But there are several ways to vectorize code that can give very large (up to
10-16 times) speedups on numerical code.

This is one of the kinds of vectorization:
http://gcc.gnu.org/wiki/Graphite
http://wiki.llvm.org/Polyhedral_optimization_framework

Another kind of vectorization is performing up to three levels of tiling (when
the implemented algorithm is not cache oblivious).

Another kind of vectorization is the usage of all the fields of a SSE (and
future AVC) registers in parallel. Doing this well seems very hard for
compilers (llvm is not able to do it, gcc does it a bit in some situations, and
I don't know what the intel compiler does here, I think the intel compiler
performs it only if the given C code is written in a specific way that you
often have to find by time-consuming trial and error), I don't know why. So
this optimization is often done manually, writing asm by hand... if you look at
the asm written in video decoders you can see that it's many times faster than
the asm produced from C by the best compilers.

Then there are true parallel optimizations, that means using more than one CPU
core to perform operations, examples of this are Cilk, parallel fors done in a
simple way or in a more refined way as in Chapel language, and then there are
the various message passing implementations, etc.

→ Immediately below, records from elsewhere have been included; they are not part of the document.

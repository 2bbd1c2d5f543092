-- ===== src/Handshake.antt =====
-- proxy/reflex/inbound/handshake.go, the wire format: detection, the client's handshake in its two
-- readings, and the server's answer.
pub mod Parsing
pub mod Encoding
mod Tests
use reflex.Prelude.{
  ℕ, suc, ◌+◌, ◌-◌, ◌*◌, ◌/◌, ◌%◌, ◌^◌, Bool, true, false, ◌&&◌, ◌||◌, Option, none, some, List, [],
  ◌∷◌, ◌++◌, length, take, drop, ltb, leb, ◌==◌, if◌then◌else◌,
}
use reflex.Prelude.Bytes.{Bytes, bytes_eq, codes, uint, put_uint}
use reflex.Prelude.Int.{ℤ, pos, negsuc, signed64}
use reflex.Prelude.Result.{Result, ok, err}
use reflex.Io.{
  IoError, eof, unexpected_eof, broken, Reader, read_full, Error, io, policy_too_large,
  handshake_too_short, handshake_malformed,
}

abbrev pub reflex_magic : ℕ
reflex_magic = 0x5246584C

abbrev pub max_policy_payload_size : ℕ
max_policy_payload_size = 4096

pub record ClientHandshake : Type 0 where
  pub public_key : Bytes
  pub user_id : Bytes
  pub policy_req : Bytes
  pub timestamp : ℤ
  pub nonce : Bytes

pub record ServerHandshake : Type 0 where
  pub public_key : Bytes
  pub policy_grant : Bytes

-- `data[i : i+n]`.
abbrev pub slice : ℕ → ℕ → Bytes → Bytes
slice i n xs = take n (drop i xs)

short_peek : IoError → Bytes → Result IoError Bytes
short_peek eof [] = err eof
short_peek eof (b ∷ bs) = ok (b ∷ bs)
short_peek unexpected_eof bs = err unexpected_eof
short_peek broken bs = err broken

-- `reader.Peek(n)` on a buffer that holds `n` bytes: the bytes, or those that came before the end.
unfoldable pub peek_for_detection : ℕ → Reader → Result IoError Bytes
unfolding short_peek
peek_for_detection n r =
    if leb n (length r.pending) then ok (take n r.pending) else short_peek r.ends r.pending

unfoldable pub is_reflex_magic : Bytes → Bool
is_reflex_magic bytes = leb 4 (length bytes) && uint (take 4 bytes) == reflex_magic

unfoldable pub is_http_post_like : Bytes → Bool
is_http_post_like bytes = leb 5 (length bytes) && bytes_eq (take 5 bytes) (codes "POST ")

unfoldable pub is_reflex_handshake : Bytes → Bool
unfolding is_reflex_magic is_http_post_like
is_reflex_handshake bytes = is_reflex_magic bytes || is_http_post_like bytes

abbrev pub head_size : ℕ
head_size = 74

-- The fields of the fixed part, and the policy request behind it.
abbrev pub handshake_fields : Bytes → Bytes → ClientHandshake
handshake_fields head policy = record {
  public_key = slice 0 32 head;
  user_id = slice 32 16 head;
  policy_req = policy;
  timestamp = signed64 (uint (slice 48 8 head));
  nonce = slice 56 16 head;
}

read_policy : Bytes → Reader × Result IoError Bytes → Reader × Result Error ClientHandshake
read_policy head (r, err e) = (r, err (io e))
read_policy head (r, ok policy) = (r, ok (handshake_fields head policy))

read_head : Reader × Result IoError Bytes → Reader × Result Error ClientHandshake
unfolding read_policy
read_head (r, err e) = (r, err (io e))
read_head (r, ok head) =
    let policy_len = uint (slice 72 2 head) in
    if ltb max_policy_payload_size policy_len
    then (r, err policy_too_large)
    else if ltb 0 policy_len
    then read_policy head (read_full policy_len r)
    else (r, ok (handshake_fields head []))

unfoldable pub read_binary_handshake : Reader → Reader × Result Error ClientHandshake
unfolding read_head
read_binary_handshake r = read_head (read_full head_size r)

unfoldable pub parse_binary_handshake : Bytes → Result Error ClientHandshake
parse_binary_handshake raw =
    let policy_len = uint (slice 72 2 raw) in
    if ltb (length raw) head_size
    then err handshake_too_short
    else if ltb max_policy_payload_size policy_len
    then err policy_too_large
    else if length raw == head_size + policy_len
    then ok (handshake_fields raw (if ltb 0 policy_len then drop head_size raw else []))
    else err handshake_malformed

-- The length of the grant is cut to sixteen bits.
unfoldable pub marshal_server_handshake : ServerHandshake → Bytes
marshal_server_handshake hs =
    take 32 hs.public_key ++ (put_uint 2 (length hs.policy_grant) ++ hs.policy_grant)
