-- ===== src/Nonces.antt =====
-- proxy/reflex/inbound/handshake.go, the two guards against replayed handshakes: the timestamp and the
-- table of nonces. Clock readings are nanoseconds since 1970, and `Unix()` is the whole seconds of one.
pub mod Freshness
mod Tests
use reflex.Prelude.{
  ℕ, suc, ◌+◌, ◌*◌, ◌/◌, Bool, true, false, ◌||◌, Option, none, some, List, [], ◌∷◌, ltb,
  if◌then◌else◌,
}
use reflex.Prelude.Bytes.{Bytes, bytes_eq}
use reflex.Prelude.Int.{ℤ, pos, negsuc, pos_part, neg_part}

abbrev pub second : ℕ
second = 1000000000

-- Five minutes, and fifteen.
abbrev pub handshake_skew : ℕ
handshake_skew = 300 * second

abbrev pub default_nonce_lifetime : ℕ
default_nonce_lifetime = 900 * second

-- `t.Before(now.Add(-skew)) || t.After(now.Add(skew))` for `t` of `ts` seconds, with the negative
-- parts moved to the other side.
unfoldable pub validate_handshake_timestamp : ℕ → ℤ → Bool
validate_handshake_timestamp now ts =
    if ltb (pos_part ts * second + handshake_skew) (now + neg_part ts * second)
      || ltb (now + handshake_skew + neg_part ts * second) (pos_part ts * second)
    then false
    else true

-- The map `seenNonces`, from a nonce to the second in which it came.
abbrev pub NonceTable : Type 0
NonceTable = List (Bytes × ℕ)

unfoldable pub seen_at : Bytes → NonceTable → Option ℕ
seen_at n [] = none
seen_at n ((k, ts) ∷ table) = if bytes_eq k n then some ts else seen_at n table

-- `now - ts > lifetime`, in seconds.
unfoldable pub cleanup_expired_nonces : ℕ → ℕ → NonceTable → NonceTable
cleanup_expired_nonces lifetime now [] = []
cleanup_expired_nonces lifetime now ((k, ts) ∷ table) =
    if ltb (ts + lifetime / second) now
    then cleanup_expired_nonces lifetime now table
    else (k, ts) ∷ cleanup_expired_nonces lifetime now table

store_nonce : Bytes → ℕ → NonceTable → Option ℕ → NonceTable × Bool
store_nonce nonce now table (some ts) = (table, false)
store_nonce nonce now table none = ((nonce, now) ∷ table, true)

unfoldable pub check_and_store_nonce : ℕ → ℕ → Bytes → NonceTable → NonceTable × Bool
unfolding store_nonce
check_and_store_nonce lifetime clock nonce table =
    let now = clock / second in
    let table' = cleanup_expired_nonces lifetime now table in
    store_nonce nonce now table' (seen_at nonce table')
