-- ===== src/Transpiler/Program.antt =====
-- `Transpiler` (transpiler/transpiler_core.py). What the code asks of Python's own library is a
-- parameter: `ast.dump`, the whole-word replacement by `re.sub`, and `str.strip`. A method's source
-- and its parsed body, from `inspect` and `ast.parse`, are fields of the class that is translated.
use fcpp_bridge.Prelude.{
  String, Bool, true, false, none, some, List, [], ◌∷◌, ◌&&◌, if◌then◌else◌, string_key,
}
use fcpp_bridge.Prelude.Dict.{lookup}
use fcpp_bridge.Ipc.Exec.{Exc, Result, ok, err, syntax_error, index_error, is_os_error}
use fcpp_bridge.Transpiler.Syntax.{Expr, Stmts, constant, text, expr_stmt, seq}
use fcpp_bridge.Transpiler.Text.{◌<>◌, split_lines, cut, before_first, rstrip_colon}
use fcpp_bridge.Transpiler.Constants.{Namespace}
use fcpp_bridge.Transpiler.Visitor.{Visitor, new_visitor, fcpp_primitives}
use fcpp_bridge.Transpiler.Statements.{transpile_statements}
use fcpp_bridge.Transpiler.Builder.{
  CppCodeBuilder, new_builder, add_include, add_includes, add_declaration, add_helper,
  set_main_aggregate, build,
}
use fcpp_bridge.Dsl.CppTypes.{
  CppType, type_name, is_struct, type_fields, has_fields, required_includes, includes_or_empty,
  cpp_declaration,
}
use fcpp_bridge.Dsl.Infer.{◌>>=◌, infer}
use fcpp_bridge.Dsl.Validators.{AggregateClass, validate, get_state_type}

pub record Source : Type 0 where
  pub aggregate_class : AggregateClass
  -- compute.__globals__
  pub globals : Namespace
  -- The body of `compute`, by inspect.getsource, ast.parse and `tree.body[0]`, which may raise
  pub compute_body : Result Stmts
  -- inspect.getsource(initial_state), which may raise an OSError or a TypeError
  pub initial_source : Result String

pub record Library : Type 0 where
  -- ast.dump(node)
  pub dump : Expr → String
  -- re.sub(rf'\b{re.escape(name)}\b', replacement, text)
  pub sub_word : String → String → String → String
  -- text.strip()
  pub strip : String → String

pub record Transpiler : Type 0 where
  pub source : Source
  pub state_type : CppType

-- Transpiler.__init__ and _validate; the warnings only go to the log.
unfoldable pub new_transpiler : Source → Result Transpiler
new_transpiler s = do
  warnings ← validate s.aggregate_class
  annotation ← get_state_type s.aggregate_class
  t ← infer annotation
  ok (record { source = s; state_type = t })

-- Skip a leading docstring.
unfoldable pub skip_docstring : Stmts → Stmts
skip_docstring (seq (expr_stmt (constant (text s))) r) = r
skip_docstring stmts = stmts

abbrev pub param_remap : List (String × String)
param_remap =
    ("self_state", "self_state")
    ∷ ("state", "self_state")
    ∷ ("s", "self_state")
    ∷ ("neighbors", "neighbor_states")
    ∷ ("nbrs", "neighbor_states")
    ∷ ("neighborhood", "neighbor_states")
    ∷ []

abbrev pub fallback_body : String
fallback_body = "    return self_state;"

abbrev pub is_empty : String → Bool
is_empty String.[] = true
is_empty (String.◌∷◌ c s) = false

-- The headers of the used primitives, in order
unfoldable pub primitive_headers : List String → List String
primitive_headers [] = []
primitive_headers (p ∷ ps) = elim (lookup p fcpp_primitives) [
  | none ↦ primitive_headers ps
  | some h ↦ h ∷ primitive_headers ps
]

-- The part of `generate` before the compute helper
abbrev pub start_program : CppType → CppCodeBuilder
start_program t =
    let b =
      add_includes (includes_or_empty (required_includes t))
        (add_include "<fcpp/fcpp.hpp>" new_builder) in
    if is_struct t && has_fields (type_fields t) then add_declaration (cpp_declaration t) b else b

abbrev pub compute_helper : String → String → String
compute_helper state_type_name cpp_body =
    "\n// Generated compute helper (transpiled from Python)\n" <> state_type_name
    <> " compute_next_state(\n    const " <> state_type_name
    <> "& self_state,\n    const std::vector<" <> state_type_name <> ">& neighbor_states) {\n"
    <> cpp_body <> "\n}\n"

-- _generate_main_aggregate
unfoldable pub generate_main_aggregate : Transpiler → String → String
generate_main_aggregate t initial_expr =
    let state_type_name = type_name t.state_type in
    let class_name = t.source.aggregate_class.class_name in
    "\n" <> "// Generated FCPP aggregate program — " <> class_name <> "\n"
    <> "namespace fcpp_generated {\n" <> "\n" <> "AGGREGATE_TEMPLATE(main) : void {\n"
    <> "    using state_t = " <> state_type_name <> ";\n" <> "\n"
    <> "    // Initialize or retrieve persistent state\n"
    <> "    auto& current_state = old(CALL, static_cast<state_t>(" <> initial_expr <> "));\n"
    <> "\n" <> "    // Collect neighbor states via nbr\n"
    <> "    auto nbr_states = nbr(CALL, current_state);\n" <> "\n"
    <> "    // Flatten field to vector for compute helper\n"
    <> "    std::vector<state_t> neighbor_vec;\n"
    <> "    fold_hood(CALL, [&](state_t v, fcpp::unit) {\n"
    <> "        neighbor_vec.push_back(v);\n" <> "        return fcpp::unit{};\n"
    <> "    }, fcpp::unit{}, nbr_states);\n" <> "\n"
    <> "    // Compute next state from transpiled Python logic\n"
    <> "    current_state = compute_next_state(current_state, neighbor_vec);\n" <> "}\n" <> "\n"
    <> "}  // namespace fcpp_generated\n" <> "\n"
    <> "// Entry point — spawns IPC server then runs simulation\n"
    <> "int main(int argc, char* argv[]) {\n"
    <> "    int num_nodes = (argc > 1) ? std::atoi(argv[1]) : 100;\n"
    <> "    int ipc_port  = (argc > 2) ? std::atoi(argv[2]) : 8765;\n" <> "\n"
    <> "    // TODO: initialise FCPPSimulator with num_nodes and ipc_port\n" <> "    return 0;\n"
    <> "}\n"

module _ (l : Library) where
  unfoldable pub rename_all : List (String × String) → String → String
  rename_all [] s = s
  rename_all ((x, y) ∷ r) s = rename_all r (l.sub_word x y s)

  unfoldable pub finish_body : Result String × Visitor → Result (String × List String)
  unfolding rename_all
  finish_body (err e, v) = err e
  finish_body (ok body, v) =
      let renamed = rename_all param_remap body in
      ok ((if is_empty (l.strip renamed) then fallback_body else renamed), v.used_primitives)

  -- except (OSError, SyntaxError, IndexError)
  unfoldable pub without_body : Exc → Result (String × List String)
  without_body syntax_error = ok (fallback_body, [])
  without_body index_error = ok (fallback_body, [])
  without_body e = if is_os_error e then ok (fallback_body, []) else err e

  -- _transpile_method_body
  unfoldable pub transpile_method_body : Source → Result (String × List String)
  unfolding finish_body without_body
  transpile_method_body s = elim s.compute_body [
    | err e ↦ without_body e
    | ok stmts ↦
        finish_body (transpile_statements s.globals l.dump (skip_docstring stmts) new_visitor)
  ]

  -- _generate_compute
  unfoldable pub generate_compute : Transpiler → Result (String × List String)
  generate_compute t = do
    (cpp_body, used_prims) ← transpile_method_body t.source
    ok (compute_helper (type_name t.state_type) cpp_body, used_prims)

  unfoldable pub first_return : List String → String
  first_return [] = "0"
  first_return (line ∷ lines) = elim (cut "return" line) [
    | none ↦ first_return lines
    | some (before, after) ↦ rstrip_colon (l.strip (before_first "return" after))
  ]

  -- _generate_initial_state
  unfoldable pub generate_initial_state : Source → Result String
  unfolding first_return
  generate_initial_state s = do source ← s.initial_source; ok (first_return (split_lines source))

  -- The builder that `generate` fills
  unfoldable pub fill_builder : Transpiler → Result CppCodeBuilder
  fill_builder t = do
    (compute_code, used_prims) ← generate_compute t
    let b =
        add_helper compute_code
          (add_includes (primitive_headers used_prims) (start_program t.state_type))
    initial_code ← generate_initial_state t.source
    ok (set_main_aggregate (generate_main_aggregate t initial_code) b)

  -- Transpiler.generate
  unfoldable pub generate : Transpiler → Result String
  generate t = do b ← fill_builder t; ok (build b)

If you have heavy numerical code and you combine all those things you can often
get code 40 times faster or more. To perform all such optimizations you need
smart compilers and/or a language that gives lot of semantics to the back-end
(as Cilk, Chapel, Fortress).

Bye,
bearophile

May 16 2010

%u <twinbee42 skytopia.com> writes:

Hi all, due to the slow speed of my browser and multiple posts, I'll be
posting just one email which covers everything. Please let me know if
replying to each individually is really preferred. Many thanks for all
and any help.

May I ask you why are you planning to port an existing codebase to D?
What kind of benefits specifically(except comparable to C performance)
you expect from D?

Thank you.

Sure. There's a couple of reasons really. First is that a lot of 'fluff' in
C is rectified in D so that declarations and header files are a thing of
the past. Hence less repetition and housekeeping.
Second reason is (and I know this might sound idealistic), it'd be nice
to promote D more, and get more people using it, since it is a step up
from a C in many regards.

My code is still fairly small (certainly less than 1 million lines :) ), so it
won't be too much hassle.

Walter said:

It does not do link time code generation nor profile guided optimization,
although in my experiments such features pay off only in a small minority of
cases.

In VC++, PGO is a great speed help because of inlining, but from what you said
later, this doesn't seem to be so much of an issue with D as (like you said),
it has access to all the code anyway. I'm a little concerned though about the
floating
point performance, as raytracing does quite a bit of this of course.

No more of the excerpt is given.